The morning was pretty typical to trips in the past; some got up early and worked out, some took care of emails and everything, and others slept in until the last possible minute before the standard team breakfast, where we’d discuss the tentative plan for the day.
In the one year since I’ve been in Uganda, change is present, whether it be in the form of new highways and paved roads, or new buildings being built in Mbarara. But the familiarity of the hospital was pleasant as we drove down the road, ready to unpack our luggage and start a clinic. At the hospital, we unloaded what felt like countless boxes of supplies from the bus. Some unloaded them, some carried them in, and some started organizing and packing, creating a perfect system. The boxes slowly began to line the walls of the hallway and the rooms we were occupying, and when you try and fit 15 people in two rooms and a hallway with a bunch of boxes, it gets pretty cramped. As we finished up with the majority of the supplies, the truck containing more arrived, and the unpacking once again resumed in the same manner. As we unpacked, we would pass one another, with either a new box or an armful of some sort necessary supplies destined to the sorted and stored in the storage room by Sherron and Sherri, and one by one, the boxes emptied.
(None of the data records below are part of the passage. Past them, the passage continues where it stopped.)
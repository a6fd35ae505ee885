-- ===== src/Lib.antt =====
-- The bidder of tabmo-codding-challenge: an HTTP server that reads its campaigns from a JSON file,
-- and answers each bid request with a campaign that is compatible with it, which then pays its price.
--
-- Parts, each with the file that models it:
-- - src/Campagne.h, src/Campagne.cpp: Campagne.antt. The attributes are a record; the constructor
--   (`construct`) gives the campaign or an exception; `decremente_budget` gives the changed campaign
--   beside its result. Campagne/Validation.antt and Campagne/Budget.antt have the theorems.
--   Campagne/Objects.antt adds the mutex: the copies and moves work on a store of objects, where an
--   object is a place, and lock the mutexes of both.
-- - src/BidRequest.h: BidRequest.antt.
-- - src/CampagnesManager.cpp, ParseCampagnesFromJson, GetFilterFromItr, GetCampagnesCount:
--   CampagnesManager/Parse.antt. The list of campaigns is passed on from entry to entry. A map is an
--   association list in the order of its keys (Parse/FilterMap.antt).
-- - The same functions on objects: CampagnesManager/Memory.antt. The vector is a list of places in the
--   store of Campagne/Objects.antt, with the mutex of the list, mAccesCampagnes. An entry makes a local
--   object, push_back copies it, and all elements where the vector is full, by the copy constructor with
--   its locks, and objects end where the code ends them. A second lock by the one thread, the end of a
--   locked mutex, and the use of an object after its end are results of their own. Startup/Memory.antt is
--   main on these objects, up to what the threads of the server share.
-- - src/CampagnesManager.cpp, the loop of SelectCampagne: CampagnesManager/Compatible.antt. The loop
--   gives positions where the code has pointers, and the request, which it puts in lower case.
-- - src/CampagnesManager.cpp, RandomSelectCampagne: CampagnesManager/Draw.antt. The number that is
--   drawn is an argument, so what is shown holds for every draw. Draw/Shares.antt compares the result
--   with the exact shares of the budgets.
-- - src/CampagnesManager.cpp, the purchase in SelectCampagne and CreerJsonFromCampagne:
--   CampagnesManager/Select.antt. The result is the list after the purchase, the request, and a JSON
--   value or an exception; `none` is undefined behaviour of C++.
-- - SelectCampagne in several threads: CampagnesManager/Threads.antt. What a thread does under the lock
--   of one campaign is a step: a round of the loop, the reading of a budget in RandomSelectCampagne, or
--   the purchase. The end of the loop and the draw, which lock nothing, are steps of their own. A
--   schedule says whose step is next. CampagnesManager/Bill.antt counts the sales of each campaign.
-- - The mutexes of the campaigns: CampagnesManager/Locks.antt. A thread takes a mutex (`enter`, as
--   lock_guard does, or it waits), reads the campaign, does its work with the write of the budget
--   (`perform`), and gives the mutex back, each in a step of its own. Locks/Refinement.antt leads
--   these steps back to those of Threads.antt.
-- - src/RtbCtrl.cpp, asyncHandleHttpRequest: RtbCtrl.antt; RtbCtrl/Answers.antt and RtbCtrl/Ignored.antt
--   have what it answers to one request; RtbCtrl/Requests.antt runs it on one request
--   after the other, and RtbCtrl/Server.antt on requests in threads of their own, whose steps in
--   SelectCampagne are those of Threads.antt. RtbCtrl/Server/Locks.antt is that server with the steps of
--   CampagnesManager/Locks.antt, where a request may wait for a mutex; its Refinement.antt leads it back
--   to the server without mutexes, and its Work.antt and Rounds.antt count the steps that are left.
-- - src/tabmo-coding-challenge.cpp, main: Startup.antt. Startup/Service.antt puts main and the server
--   together, on lists and on the objects that main makes.
--
-- main parses the file into the list and starts the server; the handler reads a request and calls
-- SelectCampagne; SelectCampagne runs the loop, the draw and the purchase on the list.
--
-- Below these parts:
-- - Common.antt: the names of the libraries that all files share, tests and lemmas on lists, texts as
--   lists of bytes, integers, and results that may be C++ exceptions.
-- - Float.antt: the type `float` with its rounding, exactly as IEEE 754 has it. A finite value is a
--   sign and a number of units of 2 ^ -149. Constants of type `double` are their exact values, since a
--   `float` is widened without rounding. Float/Stof.antt and Float/Print.antt are `std::stof` and the
--   decimal output, in the C locale. Each operation on `float` is rounded to `float`, as on x86-64.
-- - Json.antt: JsonCpp, which is not in the repository, as a record of operations that the model takes
--   as an argument, with the laws that the theorems name. Json/Tree.antt is an instance of it.
-- - Examples.antt and the files below it: runs of the model on campaigns and requests of res/.
--
-- Bounds and fuel: the spacing of floats is found in at most 253 doublings, which reach the largest
-- float; decimal output of a number has more fuel than the number has digits; the theorems on the draw
-- are for up to 16777 campaigns, where the sum of the budgets, each at most 1000, is at most 2 ^ 24 and
-- so an exact `float` in the range of `int`; 100307 purchases of at least 0.01, less a rounding, are more
-- than the largest budget; the test of the ratios is exact for sizes up to 2896, whose products are below
-- 2 ^ 23; with the mutexes each request has at most 8 n + 14 steps, with n campaigns, in which it does not
-- wait, and in each round some request makes one of them; a price is read back for values up to 10.
--
-- Not modelled: drogon (a vendored copy under third-party/), the configuration and the build, and
-- log output, but for the calls that a log makes. The attributes that a new object has before they
-- are set, and the sizes at which the vector is full, are arguments of the model on objects. A
-- vector that grows copies its elements, since the move constructor is not noexcept; the standard
-- library leaves the order of these copies and of the new element open, and the model has the old
-- elements first. The objects that are in the vector when the program ends are not followed
-- further. Memory that runs out is not modelled, so no exception leaves a copy or a move between
-- its locks and unlocks. In Threads.antt a section under a lock is one step, which Locks.antt
-- justifies; elsewhere a function runs from its beginning to its end without another. A campaign is
-- read under its mutex in one step: the other members than its budget do not change. The debug log
-- of SelectCampagne reads the selected campaign before its mutex is taken: what this gives while
-- another thread writes the budget is undefined in C++, it is no step of the model, and what is
-- shown of several threads holds where debug output is off. An uncaught exception or undefined
-- behaviour ends a run of the model where the program would end or go on in an undefined way. C++
-- leaves open in which order the arguments of the constructor of Campagne are evaluated in
-- ParseCampagnesFromJson; the model reads them from the first to the last. For an entry with two
-- faults, of which one is a number beyond float, the order decides whether the program ends or
-- skips the entry. std::lock with one mutex twice is undefined behaviour, as the standard library
-- documents it, and so the model has it. A response with the status 204 has the JSON null for its
-- body, as the handler hands it to drogon; what drogon sends of it is not modelled. An exception
-- that leaves the handler is the result of that request.
pub mod Common
pub mod Float
pub mod Json
pub mod Campagne
pub mod BidRequest
pub mod CampagnesManager
pub mod RtbCtrl
pub mod Startup
pub mod Examples
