-- ===== src/Common/Text.antt =====
-- `std::string`: a list of bytes.
pub mod Search
use Prim.Native.Nat.{ℕ, ◌+◌}
use Prim.Native.Char.{code}
use Prim.Native.String.{String}
use mathlib.Core.Path.{◌≡◌, refl}
use mathlib.Core.Logic.{◌↔◌}
use mathlib.Core.Bool.{Bool, true, false, ◌&&◌, ◌||◌}
use mathlib.Core.List.{List, [], ◌∷◌}
use native.Mathlib.Omega.{arith}
use tabmo_codding_challenge.Common.Tests.{leb, ◌==◌, if◌then◌else◌}

abbrev pub Bytes : Type 0
Bytes = List ℕ

-- The code points of a literal; these are its bytes when the text is ASCII.
abbrev pub codes : String → Bytes
codes String.[] = []
codes (String.◌∷◌ c s) = code c ∷ codes s

-- `compare(...) == 0`.
infix 50 ◌=s=◌
unfoldable pub ◌=s=◌ : Bytes → Bytes → Bool
[] =s= [] = true
[] =s= (y ∷ ys) = false
(x ∷ xs) =s= [] = false
(x ∷ xs) =s= (y ∷ ys) = x == y && xs =s= ys

pub =s=_iff : (s t : Bytes) → ((s =s= t) ≡ true) ↔ (s ≡ t)
unfolding ◌=s=◌
=s=_iff [] [] = (λ _. refl, λ _. refl)
=s=_iff [] (y ∷ ys) = ground arith
=s=_iff (x ∷ xs) [] = ground arith
=s=_iff (x ∷ xs) (y ∷ ys) = ground (arith, =s=_iff xs ys)

abbrev pub is_empty : Bytes → Bool
is_empty [] = true
is_empty (x ∷ xs) = false

-- `tolower` in the C locale.
unfoldable pub to_lower : ℕ → ℕ
to_lower c = if leb b'A' c && leb c b'Z' then c + 32 else c

unfoldable pub lower : Bytes → Bytes
unfolding to_lower
lower [] = []
lower (c ∷ s) = to_lower c ∷ lower s

pub lower_idem : (s : Bytes) → lower (lower s) ≡ lower s
unfolding lower
lower_idem [] = refl
lower_idem (c ∷ s) = ground (arith, lower_idem s)

unfoldable pub is_prefix : Bytes → Bytes → Bool
is_prefix [] t = true
is_prefix (x ∷ xs) [] = false
is_prefix (x ∷ xs) (y ∷ ys) = x == y && is_prefix xs ys

-- `t.find(s) != string::npos`.
unfoldable pub contains : Bytes → Bytes → Bool
unfolding is_prefix
contains s [] = is_prefix s []
contains s (y ∷ ys) = is_prefix s (y ∷ ys) || contains s ys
While most of us emptied the bins, the doctors, Sydnie, Michelle and myself ran off to visit a few patients, and in viewing one gentleman, it was decided to do a surgery on him to clean an infection and perform a laminotomy (a surgery that relieves pressure in the vertebral canal).
With the truck and bus now empty, we split into two main teams; Operating room (OR) prep, and a clinic team. Preparing the OR, we left Dr. Benton, Sherri, Sherron, Jason, Joel (who spent a good majority of time repairing the C-arm, which is used to take x-rays during the surgeries), Brian and Kari. For clinic, Dr. Hisey, Dr. Lieberman, and Dr. Villerreal seeing patients , Dr. Gorlick, Sydnie, Michelle, and myself (Adam) scribed for the three clinic rooms, while Dr. Kisinde, Dr. Kisitu, and Dr. Tuhumwira translated for those who could not understand.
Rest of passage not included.